What are hedge funds required to report?
James Williams
Published Apr 06, 2026
Funds would be required to report holdings quarterly if they have at least $3.5 billion of equities, up from the current threshold of $100 million. Hedge funds have long complained about U.S. rules that force them to reveal their investments to other traders.
Are hedge funds required to report performance?
In order to raise institutional money for your hedge fund, you will need good performance results. Even hedge fund managers who will not be focusing on raising money from institutional investors will need to have performance results in order to market the hedge fund.
How often do hedge funds report?
Mutual funds have to report their holdings on a quarterly basis and have up to 60 days after the quarter to do so.
How do you evaluate the performance of a hedge fund?
The best method to evaluate relative performance is to define a list of peers, which could include a cross-section of traditional mutual funds, equity or fixed-income indexes and other hedge funds with similar strategies.
Why hedge funds are not regulated?
As we’ve discussed, hedge funds are less well regulated than public listing because the types of investors have more funds which insulate them better from significant losses. These hedge funds can participate in riskier behaviors that aren’t available to mutual funds or index funds.

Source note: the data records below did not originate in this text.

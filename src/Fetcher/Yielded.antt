-- ===== src/Fetcher/Yielded.antt =====
-- db/fetcher/fetcher.go: a fetcher that has been started gives the documents of its pairs one by one, as
-- FetchNextDoc wants them.
use defradg.Prelude.{
  ℕ, zero, suc, ◌<◌, ◌≤◌, ◌≡◌, refl, sym, ◌∙◌, Bytes, Bool, true, false, List, [], ◌∷◌, ◌++◌,
  Option, none, some, All, arith, bytes_eq, bytes_eq_iff, subst, length, Result, ok, err, ◌>>=◌,
  Bool-cases, inl, inr,
}
use defradg.Spans.{Span}
use defradg.Collection.{FieldDescription, CollectionDescription}
use defradg.Fetcher.{
  KeyValue, EncodedDocument, Results, Source, DocumentFetcher, next_key, start_spans, fetch_loop,
  fetch_next, start_fetcher, spans_for, empty_doc,
}
use defradg.Fetcher.Pairs.{
  IsReadable, entries, Holds, OfOther, at, arrive, next_key_with-at, next_key_with-end,
}
use defradg.Fetcher.Reference.{
  doc, add_pair, documents_from, documents_of, all_pairs, Apart, Others-all_pairs, bind_assoc,
  documents_from-other,
}
use defradg.Fetcher.Arrive.{
  IsGood, rest, length-entries, start_spans-arrive, arrive-doc, fetch_loop-at, first,
}
use defradg.Fetcher.Documents.{ready, start_fetcher-ready}
use defradg.Fetcher.Merged.{Yields}

-- What a chain of two steps that succeeds went through.
steps-succeed :
    {A B : Type 0} {last : B} (one : Result A) (two : A → Result B)
    → (one >>= two) ≡ ok last
    → (mid : A) × (one ≡ ok mid) × (two mid ≡ ok last)
steps-succeed (err e) two h = cc
steps-succeed (ok mid) two h = (mid, refl, h)

module _ (src : Source) (closes : src.close_results ≡ ok tt) (b : DocumentFetcher) where
  arrive-reverse :
      (left : List (Option Span)) (cs : List (List KeyValue)) (rs : Results) (d : EncodedDocument)
      (r : Bool)
      → (arrive b rs left cs d r).reverse ≡ b.reverse
  arrive-reverse [] cs rs d r = refl
  arrive-reverse (s ∷ left) [] rs d r = refl
  arrive-reverse (s ∷ left) ([] ∷ cs) rs d r = arrive-reverse left cs [] d r
  arrive-reverse (s ∷ left) ((y ∷ ys) ∷ cs) rs d r = refl

  module _ (n : ℕ)
      (more : (y : KeyValue) (ys : List KeyValue) (left : List (Option Span))
          (cs : List (List KeyValue)) (d : EncodedDocument) (ds : List EncodedDocument)
        → IsGood src b.reverse y ys left cs
        → length (ys ++ all_pairs cs) < n
        → documents_of b.schema_fields (y ∷ (ys ++ all_pairs cs)) ≡ ok ds
        → Yields src (at b y ys left d false) ds) where
    Yields-arrive :
        (left : List (Option Span)) (cs : List (List KeyValue)) (rs : Results) (d : EncodedDocument)
        (r : Bool) (ds : List EncodedDocument)
        → Holds src b.reverse left cs
        → All (All IsReadable) cs
        → Apart cs
        → length (all_pairs cs) ≤ n
        → documents_of b.schema_fields (all_pairs cs) ≡ ok ds
        → Yields src (arrive b rs left cs d r) ds
    Yields-arrive [] [] rs d r ds h g a l e = let f : [] ≡ ds = cc in rw (← f) refl
    Yields-arrive [] (c ∷ cs) rs d r ds h g a l e = elim h [ ]
    Yields-arrive (none ∷ left) cs rs d r ds h g a l e = elim h [ ]
    Yields-arrive (some s ∷ left) [] rs d r ds h g a l e = elim h [ ]
    Yields-arrive (some s ∷ left) ([] ∷ cs) rs d r ds h g a l e =
        Yields-arrive left cs [] d r ds h.1 g.1 a.1 l e
    Yields-arrive (some s ∷ left) ((y ∷ ys) ∷ cs) rs d r ds h g a l e =
        more y ys left cs d ds (record { holds = h.1; here = g.0.1; there = g.1; apart = a })
          (omega (arith, l)) e

    -- What FetchNext gives from a pair on, of a document that is being read.
    record Given (rounds : ℕ) (x : KeyValue) (xs : List KeyValue) (left : List (Option Span))
        (k : Bytes) (ps : List (FieldDescription × Bytes)) (ds : List EncodedDocument)
        : Type 0 where
      found : EncodedDocument
      others : List EncodedDocument
      after : DocumentFetcher
      both : ds ≡ found ∷ others
      keyed : found.key ≡ some k
      gives : fetch_loop src rounds (at b x xs left (doc k ps) true) ≡ (ok (some found), after)
      same : after.reverse ≡ b.reverse
      yields : Yields src after others

    given-end :
        (rounds : ℕ) (x : KeyValue) (left : List (Option Span)) (cs : List (List KeyValue))
        (k : Bytes) (ps qs : List (FieldDescription × Bytes)) (es ds : List EncodedDocument)
        → OfOther k cs
        → IsGood src b.reverse x [] left cs
        → length (all_pairs cs) ≤ n
        → add_pair b.schema_fields x ps ≡ ok qs
        → documents_of b.schema_fields (all_pairs cs) ≡ ok es
        → ds ≡ doc k qs ∷ es
        → Given (suc rounds) x [] left k ps ds
    unfolding next_key
    given-end rounds x left cs k ps qs es ds other g m f h e = record {
      found = doc k qs;
      others = es;
      after = arrive b [] left cs (doc k qs) true;
      both = e;
      keyed = refl;
      gives =
          fetch_loop-at src closes b rounds x [] left k ps
          ∙ rw
              (
                f,
                next_key_with-end b (start_spans src left) left k qs x true,
                start_spans-arrive src closes b left cs [] k qs true g.holds g.there other,
                arrive-doc src closes b left cs [] (doc k qs) true,
              )
              refl;
      same = arrive-reverse left cs [] (doc k qs) true;
      yields = Yields-arrive left cs [] (doc k qs) true es g.holds g.there g.apart.1 m h;
    }

    given-same :
        (rounds : ℕ) (x y : KeyValue) (ys : List KeyValue) (left : List (Option Span)) (k : Bytes)
        (ps qs : List (FieldDescription × Bytes)) (ds : List EncodedDocument)
        → IsReadable y
        → add_pair b.schema_fields x ps ≡ ok qs
        → bytes_eq y.key.doc_key k ≡ true
        → Given rounds y ys left k qs ds
        → Given (suc rounds) x (y ∷ ys) left k ps ds
    unfolding next_key
    given-same rounds x y ys left k ps qs ds i f t r = record {
      found = r.found;
      others = r.others;
      after = r.after;
      both = r.both;
      keyed = r.keyed;
      gives =
          fetch_loop-at src closes b rounds x (y ∷ ys) left k ps
          ∙ rw (f, next_key_with-at b (start_spans src left) left k qs x y ys true i, t) r.gives;
      same = r.same;
      yields = r.yields;
    }

    given-other :
        (rounds : ℕ) (x y : KeyValue) (ys : List KeyValue) (left : List (Option Span)) (k : Bytes)
        (ps qs : List (FieldDescription × Bytes)) (es ds : List EncodedDocument)
        → IsReadable y
        → add_pair b.schema_fields x ps ≡ ok qs
        → bytes_eq y.key.doc_key k ≡ false
        → ds ≡ doc k qs ∷ es
        → Yields src (at b y ys left (doc k qs) false) es
        → Given (suc rounds) x (y ∷ ys) left k ps ds
    unfolding next_key
    given-other rounds x y ys left k ps qs es ds i f t e v = record {
      found = doc k qs;
      others = es;
      after = at b y ys left (doc k qs) false;
      both = e;
      keyed = refl;
      gives =
          fetch_loop-at src closes b rounds x (y ∷ ys) left k ps
          ∙ rw (f, next_key_with-at b (start_spans src left) left k qs x y ys true i, t) refl;
      same = refl;
      yields = v;
    }

    documents-next :
        (k : Bytes) (qs : List (FieldDescription × Bytes)) (y : KeyValue) (zs : List KeyValue)
        (ds : List EncodedDocument)
        → bytes_eq y.key.doc_key k ≡ false
        → documents_from b.schema_fields k qs (y ∷ zs) ≡ ok ds
        → (es : List EncodedDocument) × (documents_of b.schema_fields (y ∷ zs) ≡ ok es)
          × (ok (doc k qs ∷ es) ≡ ok ds)
    documents-next k qs y zs ds t h =
        steps-succeed (documents_of b.schema_fields (y ∷ zs)) (λ es. ok (doc k qs ∷ es))
          (sym (
              bind_assoc (add_pair b.schema_fields y [])
                (λ rs. documents_from b.schema_fields y.key.doc_key rs zs)
                (λ es. ok (doc k qs ∷ es)))
            ∙ (rw t at h))

    split :
        (rounds : ℕ) (x y : KeyValue) (ys : List KeyValue) (left : List (Option Span))
        (cs : List (List KeyValue)) (k : Bytes) (ps qs : List (FieldDescription × Bytes))
        (ds : List EncodedDocument)
        → IsGood src b.reverse x (y ∷ ys) left cs
        → length ((y ∷ ys) ++ all_pairs cs) ≤ n
        → add_pair b.schema_fields x ps ≡ ok qs
        → documents_from b.schema_fields k qs ((y ∷ ys) ++ all_pairs cs) ≡ ok ds
        → (bytes_eq y.key.doc_key k ≡ true
            → (add_pair b.schema_fields y qs
                >>= (λ rs. documents_from b.schema_fields k rs (ys ++ all_pairs cs)))
              ≡ ok ds
            → Given rounds y ys left k qs ds)
        → Given (suc rounds) x (y ∷ ys) left k ps ds
    split rounds x y ys left cs k ps qs ds g m f h' again =
        elim (Bool-cases (bytes_eq y.key.doc_key k)) [
          | inl t ↦ given-same rounds x y ys left k ps qs ds g.here.0 f t (again t (rw t at h'))
          | inr t ↦
              let (es, h2, h3) = documents-next k qs y (ys ++ all_pairs cs) ds t h' in
              given-other rounds x y ys left k ps qs es ds g.here.0 f t (cc)
                (more y ys left cs (doc k qs) es (rest g) (omega (arith, m)) h2)
        ]

    given :
        (rounds : ℕ) (x : KeyValue) (xs : List KeyValue) (left : List (Option Span))
        (cs : List (List KeyValue)) (k : Bytes) (ps : List (FieldDescription × Bytes))
        (ds : List EncodedDocument)
        → bytes_eq x.key.doc_key k ≡ true
        → IsGood src b.reverse x xs left cs
        → length xs < rounds
        → length (xs ++ all_pairs cs) ≤ n
        → (add_pair b.schema_fields x ps
            >>= (λ qs. documents_from b.schema_fields k qs (xs ++ all_pairs cs)))
          ≡ ok ds
        → Given rounds x xs left k ps ds
    given zero x xs left cs k ps ds e g l m h = absurd (omega (arith, l))
    given (suc rounds) x [] left cs k ps ds e g l m h =
        let (qs, f, h') =
          steps-succeed (add_pair b.schema_fields x ps)
            (λ qs. documents_from b.schema_fields k qs (all_pairs cs)) h in
        let other = subst (λ j. OfOther j cs) ((bytes_eq_iff x.key.doc_key k).0 e) g.apart.0.0 in
        let (es, h2, h3) =
          steps-succeed (documents_of b.schema_fields (all_pairs cs)) (λ es. ok (doc k qs ∷ es))
            (sym (
                documents_from-other b.schema_fields k qs (all_pairs cs)
                  (Others-all_pairs k cs other))
              ∙ h') in
        given-end rounds x left cs k ps qs es ds other g m f h2 (cc)
    given (suc rounds) x (y ∷ ys) left cs k ps ds e g l m h =
        let (qs, f, h') =
          steps-succeed (add_pair b.schema_fields x ps)
            (λ qs. documents_from b.schema_fields k qs ((y ∷ ys) ++ all_pairs cs)) h in
        split rounds x y ys left cs k ps qs ds g m f h' (λ t h2.
          given rounds y ys left cs k qs ds t (rest g) (omega (arith, l)) (omega (arith, m)) h2)

  Yields-at :
      (n : ℕ) (y : KeyValue) (ys : List KeyValue) (left : List (Option Span))
      (cs : List (List KeyValue)) (d : EncodedDocument) (ds : List EncodedDocument)
      → IsGood src b.reverse y ys left cs
      → length (ys ++ all_pairs cs) < n
      → documents_of b.schema_fields (y ∷ (ys ++ all_pairs cs)) ≡ ok ds
      → Yields src (at b y ys left d false) ds
  unfolding fetch_next
  Yields-at zero y ys left cs d ds g l e = absurd (omega (arith, l))
  Yields-at (suc n) y ys left cs d ds g l e =
      let r =
        given n (Yields-at n) (suc (length (entries ys))) y ys left cs y.key.doc_key [] ds
          ((bytes_eq_iff y.key.doc_key y.key.doc_key).1 refl) g (omega (arith, length-entries ys))
          (omega (arith, l)) e in
      subst (Yields src (at b y ys left d false)) (sym r.both) (
        refl,
        (y, refl, r.keyed),
        (r.after, first src closes b (length (entries ys)) y ys left d ∙ r.gives, r.same, r.yields),
      )

-- What a source gives for the spans of one kind of documents.
pub record Served (src : Source) (c : CollectionDescription) (backward : Bool)
    (given : Option (List Span)) (deleted : Bool) (ds : List EncodedDocument) : Type 0 where
  pub span : Span
  pub left : List (Option Span)
  pub pairs : List (List KeyValue)
  pub spans : spans_for src c backward deleted given ≡ ok (some span ∷ left)
  pub holds : Holds src backward (some span ∷ left) pairs
  pub readable : All (All IsReadable) pairs
  pub apart : Apart pairs
  pub documents : documents_of c.schema.fields (all_pairs pairs) ≡ ok ds

pub start_fetcher-Yields :
    (src : Source) (c : CollectionDescription) (backward : Bool) (given : Option (List Span))
    (deleted : Bool) (ds : List EncodedDocument)
    → src.close_results ≡ ok tt
    → src.get_iterator backward ≡ ok tt
    → Served src c backward given deleted ds
    → (df : DocumentFetcher) × (start_fetcher src given deleted (ready c backward) ≡ (ok tt, df))
      × (df.reverse ≡ backward)
      × Yields src df ds
start_fetcher-Yields src c backward given deleted ds closes opens h = (
  arrive (ready c backward) [] (some h.span ∷ h.left) h.pairs empty_doc false,
  start_fetcher-ready src c backward given deleted h.span h.left h.pairs closes opens h.spans
      h.holds h.readable,
  arrive-reverse src closes (ready c backward) (some h.span ∷ h.left) h.pairs [] empty_doc false,
  Yields-arrive src closes (ready c backward) (length (all_pairs h.pairs))
      (Yields-at src closes (ready c backward) (length (all_pairs h.pairs))) (some h.span ∷ h.left)
      h.pairs [] empty_doc false ds h.holds h.readable h.apart (omega arith) h.documents,
)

Who do hedge funds borrow from?
Investing in securities using credit lines follows a similar philosophy to trading on margin, only instead of borrowing from a broker, the hedge fund borrows from a third-party lender. Either way, it is using someone else’s money to leverage an investment with the hope of amplifying gains.
Under current requirements, fund managers with at least $100 million in securities must report their investments every three months. Hedge funds, mutual funds and other money managers reveal equity investments in forms known as 13Fs. They must be filed within 45 days of the end of each quarter.
How do hedge funds report performance?
Generally they report returns net of all expenses and fees. typically, all returns are net of all fees, management fee and performance fee. Management fee ( say, if it is 2%) is pro rata deducted ( 200 bp/12) every month. The performance fee is also deducted if the NAV is above the high watermark.
Hedge funds are not subject to some of the regulations that are designed to protect investors. Depending on the amount of assets in the hedge funds advised by a manager, some hedge fund managers may not be required to register or to file public reports with the SEC. Understand the fund’s investment strategy.
What do you understand by a hedge fund?
Hedge Fund Interview Question#1 – What do you understand by a Hedge Fund? Answer: A hedge fund is a pool of investment in which investors contribute a sum of money managed by a hedge fund manager. This manager, in turn, will further deploy these funds to maximize their returns.
What happens to hedge funds when equities are down?
Many investors are under the impression that when equities are down, hedge funds should be up. In reality, hedge fund performance is dependent on both the strategy of the fund and the manager. Although many strategies can be lumped under the banner of “hedge funds,” each fund can perform quite differently. So, what is a hedge fund?
When do hedge funds have to file Form PF?
A.3: I am a registered adviser with more than $5 billion in assets under management attributable to hedge funds that, as a result of the June 15, 2012 compliance date of Form PF, is required to file my initial report on Form PF before August 29, 2012.
What’s the minimum investment size for a hedge fund?
Answer: Hedge funds normally have a minimum investment size of around $10 million with risk appetite to lose the entire money if such a situation does arise. The fund manager is involved as a partner in such an investment but one needs to still have a large risk appetite.